Congress, which outlawed pretexting while the FCC order was in the works, properly focused attention not on carriers but on the problem’s source, “the illegal activities of the pretexters themselves,” the wireline group said. “It would be patently unfair to presume that a telecommunications carrier victimized by the perpetrator of a federal crime could have prevented the pretexting by employing different processes and procedures, absent the Commission proving that they were required under the Commission’s rules and reasonably could be achieved,” USTelecom said.
CTIA raised similar objections, saying the order wrongly shifts the burden to carriers to defend their policies. CTIA noted that the FCC has long required carriers to protect CPNI, relying on “normal rules in enforcement matters” when a carrier falls short.

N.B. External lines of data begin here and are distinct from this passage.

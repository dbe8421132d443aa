-- ===== src/WebServer/Session.antt =====
-- A whole request to `OutputPollHandler` (src/WebServerFactory.cpp), over what OutputBuffer promises.
use Prim.Native.String.{String}
use mathlib.Core.Option
use ml_gridengine_executor.Base.{
  ℕ, ◌+◌, ◌-◌, ◌^◌, ◌≤◌, ◌<◌, ◌≡◌, ◌⊎◌, inl, inr, refl, sym, ap, ◌∙◌, List, true, false, Option,
  some, arith, max, ltb_cases, Bool-cases, ◌>>=◌, length, take, drop, length-take, length-drop, ℤ,
  pos, IsSsize,
}
use ml_gridengine_executor.Heap.{PairingHeap}
use ml_gridengine_executor.OutputBuffer.{OutputBuffer, Reading, returns, waits, read, enqueue}
use ml_gridengine_executor.OutputBuffer.Spec.{piece, read_spec, Keeps}
use ml_gridengine_executor.OutputBuffer.Read.{position}
use ml_gridengine_executor.OutputBuffer.Wait.{request, Reads, read-Reads}
use ml_gridengine_executor.WebServer.{
  Query, gone, content, parse_query, buffer_size, respond, replied, waits_for, handle_poll,
  max_timeout, default_timeout,
}
use ml_gridengine_executor.WebServer.Poll.{Snapshots, piece-take, respond-piece}

-- What is asked for when no parameter is given.
abbrev pub no_query : Query
no_query = record { begin = pos 0; timeout = default_timeout; count = 0 }

pub buffer_size-le : (size count : ℕ) → (count ≡ 0) ⊎ (buffer_size size count ≤ count)
unfolding buffer_size
buffer_size-le size count = ground arith

module _ (try_parse_64 : String → Option ℤ) (try_parse_unsigned : String → Option ℕ)
    (H : PairingHeap) (size : ℕ) where
  pub handle_poll-read :
      (parameters : List (String × String)) (b : OutputBuffer H) (id : ℕ)
      (turns : List (OutputBuffer H)) (q : Query) (reading : Reading H)
      → parse_query try_parse_64 try_parse_unsigned max_timeout parameters no_query ≡ some q
      → read H b id q.begin (buffer_size size q.count) ≡ some reading
      → handle_poll try_parse_64 try_parse_unsigned H size parameters b id turns ≡ (elim reading [
        | returns r bytes ↦
            Option.map
              (λ reply. replied reply)
              (respond H q.count (buffer_size size q.count) (r, bytes) turns)
        | waits x b' ↦ some (waits_for q x b')
      ])
  unfolding handle_poll
  handle_poll-read parameters b id turns q reading e e' = rw (handle_poll, e, e', ◌>>=◌) refl

  -- The position from which a request is answered: that asked for, or the oldest byte that is kept.
  abbrev pub answered_from : OutputBuffer H → ℕ → Query → ℕ
  answered_from b written q =
      max (position b.ring.written_bytes q.begin) (written - b.ring.max_capacity)

  -- A request, with parameters that are parsed to a position in the range of `ssize_t` and a count below
  -- 2^32, finds the buffer keeping some beginning of a history of fewer than 2^63 bytes; so does each
  -- later turn of its loop, while writers come in between. If its position is reached it is answered
  -- with one unbroken piece of the history, from that position on, or from the oldest byte that is kept
  -- if that is later, and not longer than asked for (0 asks for all). Otherwise it is answered Gone if the
  -- buffer is closed, and waits if it is open.
  pub handle_poll-pieces :
      (parameters : List (String × String)) (b : OutputBuffer H) (id k : ℕ) (history : List ℕ)
      (turns : List (OutputBuffer H)) (q : Query)
      → parse_query try_parse_64 try_parse_unsigned max_timeout parameters no_query ≡ some q
      → IsSsize q.begin
      → q.count < 2 ^ 32
      → length history < 2 ^ 63
      → Keeps b.ring (take k history)
      → Snapshots H history turns
      → ((body : List ℕ) × (position b.ring.written_bytes q.begin < length (take k history))
          × (handle_poll try_parse_64 try_parse_unsigned H size parameters b id turns
              ≡ some (replied (content (answered_from b (length (take k history)) q) body)))
          × (body ≡ piece history (answered_from b (length (take k history)) q) (length body))
          × ((q.count ≡ 0) ⊎ (length body ≤ q.count)))
        ⊎ (((length (take k history) ≤ position b.ring.written_bytes q.begin)
              × (b.is_closed ≡ true)
              × (handle_poll try_parse_64 try_parse_unsigned H size parameters b id turns
                  ≡ some (replied gone)))
            ⊎ ((length (take k history) ≤ position b.ring.written_bytes q.begin)
                × (b.is_closed ≡ false)
                × (handle_poll try_parse_64 try_parse_unsigned H size parameters b id turns
                    ≡ some (
                        waits_for q
                          (request H b id q.begin (buffer_size size q.count))
                          (enqueue H b (request H b id q.begin (buffer_size size q.count)))))))
  unfolding read_spec respond
  handle_poll-pieces parameters b id k history turns q e range small long keeps snaps =
      let here : List ℕ = take k history in
      let p : ℕ = position b.ring.written_bytes q.begin in
      let n : ℕ = buffer_size size q.count in
      let first : ℕ = max p (length here - b.ring.max_capacity) in
      let bytes : List ℕ = piece here first n in
      let eq =
        handle_poll-read parameters b id turns q (Reads H b here (request H b id q.begin n)) e
          (read-Reads H b here id q.begin n keeps range) in
      elim (ltb_cases p (length here)) [
        | inl (t, lt) ↦
            let fits : first + length bytes ≤ length history = omega (
              arith,
              lt,
              keeps.valid.positive,
              keeps.valid.bounded,
              length-take n (drop first here),
              length-drop first here,
              length-take k history,
            ) in
            let asked : (q.count ≡ 0) ⊎ (length bytes ≤ q.count) =
              elim (buffer_size-le size q.count) [
                | inl c ↦ inl c
                | inr c ↦ inr (omega (arith, length-take n (drop first here)))
              ] in
            let (body, e', e'', w) =
              respond-piece H q.count n first history bytes turns long small snaps fits
                (sym (piece-take k first n history)) asked in
            inl (body, lt, eq ∙ rw t (ap (Option.map (λ reply. replied reply)) e'), e'', w)
        | inr (t, ge) ↦ elim (Bool-cases b.is_closed) [
          | inl c ↦ inr (inl (ge, c, eq ∙ rw (t, c) refl))
          | inr c ↦ inr (inr (ge, c, eq ∙ rw (t, c) refl))
        ]
      ]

“The Commission’s establishment of a presumption that carriers have failed to take ‘reasonable measures’ in all instances of unauthorized access to CPNI would run contrary to applicable legal standards and the Commission’s enforcement regime,” CTIA said, invoking instances in which “…there are other explanations for security breaches that may well not have been reasonably foreseeable (in the case of the increasingly sophisticated scams of data brokers) or preventable (in the case of passwords a customer may have shared with a spouse or other family members).”

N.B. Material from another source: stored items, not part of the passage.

-- ===== src/WebServer/Wakes.antt =====
-- A request to `OutputPollHandler` (src/WebServerFactory.cpp) that waits, and is woken by a write.
use Prim.Native.String.{String}
use mathlib.Core.Option
use mathlib.Core.List.{Mem, mem-cons}
use mathlib.Core.List.Perm
use mathlib.Core.Logic.Or
use ml_gridengine_executor.Base.{
  ℕ, ◌+◌, ◌^◌, ◌≤◌, ◌<◌, ◌≡◌, ◌⊎◌, inl, inr, refl, sym, ap, ◌∙◌, List, [], ◌++◌, true, false,
  Option, some, arith, ltb-false, length, take, drop, length-take, length-append, length-drop, ℤ,
  IsSsize,
}
use ml_gridengine_executor.Result.{ok}
use ml_gridengine_executor.Ring.Expand.{Allocates}
use ml_gridengine_executor.Heap.{PairingHeap, ReadRequest}
use ml_gridengine_executor.Readers.Weigh.{weigh, has_id}
use ml_gridengine_executor.OutputBuffer.{OutputBuffer, waits, read, enqueue, write, wake}
use ml_gridengine_executor.OutputBuffer.Spec.{piece, read_spec, Keeps, Represents}
use ml_gridengine_executor.OutputBuffer.Read.{position}
use ml_gridengine_executor.OutputBuffer.Wait.{request, read-Reads, enqueue-Represents}
use ml_gridengine_executor.OutputBuffer.Write.{owed, write-Written}
use ml_gridengine_executor.WebServer.{
  Query, content, parse_query, buffer_size, replied, waits_for, handle_poll, resume_poll,
  max_timeout,
}
use ml_gridengine_executor.WebServer.Poll.{Snapshots, piece-take, respond-piece}
use ml_gridengine_executor.WebServer.Session.{no_query, buffer_size-le, handle_poll-read}

module _ (H : PairingHeap) where
  open H use {items}

  -- A read past the history of an open buffer waits.
  read-waits :
      (b : OutputBuffer H) (history : List ℕ) (id : ℕ) (begin : ℤ) (count : ℕ)
      → Keeps b.ring history
      → IsSsize begin
      → b.is_closed ≡ false
      → length history ≤ position b.ring.written_bytes begin
      → read H b id begin count
        ≡ some (waits (request H b id begin count) (enqueue H b (request H b id begin count)))
  unfolding read_spec
  read-waits b history id begin count k range open_b late =
      read-Reads H b history id begin count k range
      ∙ rw (ltb-false (position b.ring.written_bytes begin) (length history) late, open_b) refl

  -- A request that has been added is in the heap and not cancelled.
  enqueued :
      (b : OutputBuffer H) (x : ReadRequest)
      → (Mem x (items (enqueue H b x).readers.heap))
        × (((enqueue H b x).readers.requests x.id).cancelled ≡ false)
        × ((enqueue H b x).is_closed ≡ b.is_closed)
  unfolding enqueue
  enqueued b x = (
    (Perm.mem_iff (H.items-push x b.readers.heap)).1 (mem-cons.1 (Or.inl refl)),
    ground arith,
    refl,
  )

  module _ (malloc : ℕ → List ℕ) where
    -- A write that reaches a request wakes it with what it is owed.
    write-wakes :
        (b : OutputBuffer H) (x : ReadRequest) (history bytes : List ℕ)
        → Allocates malloc
        → Represents H b history
        → b.is_closed ≡ false
        → weigh (has_id x.id) (items b.readers.heap) ≡ 0
        → b.readers.heap_size + 1 < 2 ^ 60
        → length history ≤ x.begin
        → x.begin < length history + length bytes
        → length history + length bytes < 2 ^ 63
        → (b' : OutputBuffer H) × (write H malloc (enqueue H b x) bytes ≡ ok b')
          × (wake H b' x ≡ owed (history ++ bytes) x)
          × ((b'.readers.requests x.id).signalled ≡ true)
    write-wakes b x history bytes alloc rep open_b fresh room late reached range =
        let (member, active, same) = enqueued b x in
        let (b', eq, w) =
          write-Written H malloc alloc {b = enqueue H b x} {history = history} bytes
            (enqueue-Represents H b history x rep late fresh room) range (same ∙ open_b) in
        let (answer, signalled) = w.wakes x member reached active in (b', eq, answer, signalled)

module _ (try_parse_64 : String → Option ℤ) (try_parse_unsigned : String → Option ℕ)
    (H : PairingHeap) (malloc : ℕ → List ℕ) (size : ℕ) where
  open H use {items}

  -- A request whose position is not reached waits on an open buffer, where there is room for one more
  -- reader with a new identity. A write that then reaches the position succeeds, if malloc allocates and
  -- fewer than 2^63 bytes are written in all, and signals it: with the answer left for it, it replies with one unbroken piece of the
  -- output from exactly that position on, not longer than asked for, though other writers come in
  -- between its further reads.
  pub handle_poll-woken :
      (parameters : List (String × String)) (b : OutputBuffer H) (id k : ℕ)
      (history bytes later : List ℕ) (turns : List (OutputBuffer H)) (q : Query)
      → parse_query try_parse_64 try_parse_unsigned max_timeout parameters no_query ≡ some q
      → IsSsize q.begin
      → q.count < 2 ^ 32
      → Allocates malloc
      → Represents H b history
      → b.is_closed ≡ false
      → weigh (has_id id) (items b.readers.heap) ≡ 0
      → b.readers.heap_size + 1 < 2 ^ 60
      → length history ≤ position b.ring.written_bytes q.begin
      → position b.ring.written_bytes q.begin < length history + length bytes
      → take k later ≡ history ++ bytes
      → length later < 2 ^ 63
      → Snapshots H later turns
      → (b' : OutputBuffer H) × (body : List ℕ) × (handle_poll try_parse_64 try_parse_unsigned H
            size parameters b id []
          ≡ some (
              waits_for q
                (request H b id q.begin (buffer_size size q.count))
                (enqueue H b (request H b id q.begin (buffer_size size q.count)))))
        × (write H malloc (enqueue H b (request H b id q.begin (buffer_size size q.count))) bytes
            ≡ ok b')
        × ((b'.readers.requests id).signalled ≡ true)
        × (resume_poll try_parse_64 try_parse_unsigned H size q
              (wake H b' (request H b id q.begin (buffer_size size q.count)))
              turns
            ≡ some (replied (content (position b.ring.written_bytes q.begin) body)))
        × (body ≡ piece later (position b.ring.written_bytes q.begin) (length body))
        × ((q.count ≡ 0) ⊎ (length body ≤ q.count))
  unfolding resume_poll
  handle_poll-woken parameters b id k history bytes later turns q e range small alloc rep open_b
        fresh room late reached pref long snaps =
      let n : ℕ = buffer_size size q.count in
      let x : ReadRequest = request H b id q.begin n in
      let total : length (take k later) ≡ length history + length bytes =
        ap length pref ∙ length-append history bytes in
      let (b', written, woken, signalled) =
        write-wakes H malloc b x history bytes alloc rep open_b fresh room late reached
          (omega (arith, total, length-take k later)) in
      let first : List ℕ = piece (take k later) x.begin n in
      let asked : (q.count ≡ 0) ⊎ (length first ≤ q.count) = elim (buffer_size-le size q.count) [
        | inl c ↦ inl c
        | inr c ↦ inr (omega (arith, length-take n (drop x.begin (take k later))))
      ] in
      let (body, e', e'', w) =
        respond-piece H q.count n x.begin later first turns long small snaps
          (omega (
            arith,
            total,
            length-take n (drop x.begin (take k later)),
            length-drop x.begin (take k later),
            length-take k later,
          ))
          (sym (piece-take k x.begin n later)) asked in
      (
        b',
        body,
        handle_poll-read try_parse_64 try_parse_unsigned H size parameters b id [] q
            (waits x (enqueue H b x)) e
            (read-waits H b history id q.begin n rep.keeps range open_b late),
        written,
        signalled,
        ap (λ answer. resume_poll try_parse_64 try_parse_unsigned H size q answer turns)
              (woken ∙ ap (λ l. owed l x) (sym pref))
            ∙ ap (Option.map (λ reply. replied reply)) e',
        e'',
        w,
      )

CTIA asked the FCC to modify the order by including more guidance on reasonable measures carriers are required to take to protect CPNI. The wireless group said the FCC specifically rejected requests it adopt guidelines similar to those the FTC imposed on the financial services industry. “To further clarify carriers’ legal obligations… the Commission should reconsider its apparent rejection of the value of such a programmatic approach,” CTIA said. “This approach has the benefit of requiring each carrier to adopt a comprehensive program designed to avoid unauthorized disclosure of CPNI in a way that is appropriate to its circumstances.”
CTIA cited other alleged problems with the order. The group said the order would require carriers to file two annual certifications for 2007, one for Jan. 1 through Dec. 8, when the rule goes into effect, to be prepared under the old guidelines, and a separate report for the rest of December under the new rules. CTIA asked the agency to declare the second report unnecessary.
Besides petitions for reconsideration, parties offered comments on a further notice of proposed rulemaking asking whether the FCC should further tighten its CPNI rules. Not surprisingly, wireline and wireless carriers argued against adding rules.
T-Mobile said carriers still are adjusting to the April order and the Telephone Records and Privacy Protection Act of 2006, which took effect in January. T-Mobile “is concerned about the prospect of additional new CPNI requirements in light of the dramatic changes that already have occurred in the legal and regulatory environment with respect to CPNI in the past several months,” the carrier said. “Such an expansion of the rules should not even be considered before sufficient time has passed to assess fully the impact of these important recent CPNI developments.”
USTelecom agreed that further changes make little sense, since the April order has not taken effect. “Additional rules could be burdensome for consumers by making it more difficult to access account information than consumers would prefer and costly for carriers,” USTelecom said. “Since there is no current evidence that further regulation would provide a consumer benefit, the Commission should refrain from imposing more regulation.”
More rules under review by the FCC would burden small carriers, said the Rural Cellular Association. “The carrier/customer relationship involving the use of passwords is best managed on the local level,” the group said. “New mandates for audit trails, physical safeguards and data destruction would add to the cost of provision of services in rural areas and reduce the competitiveness of smaller carriers.”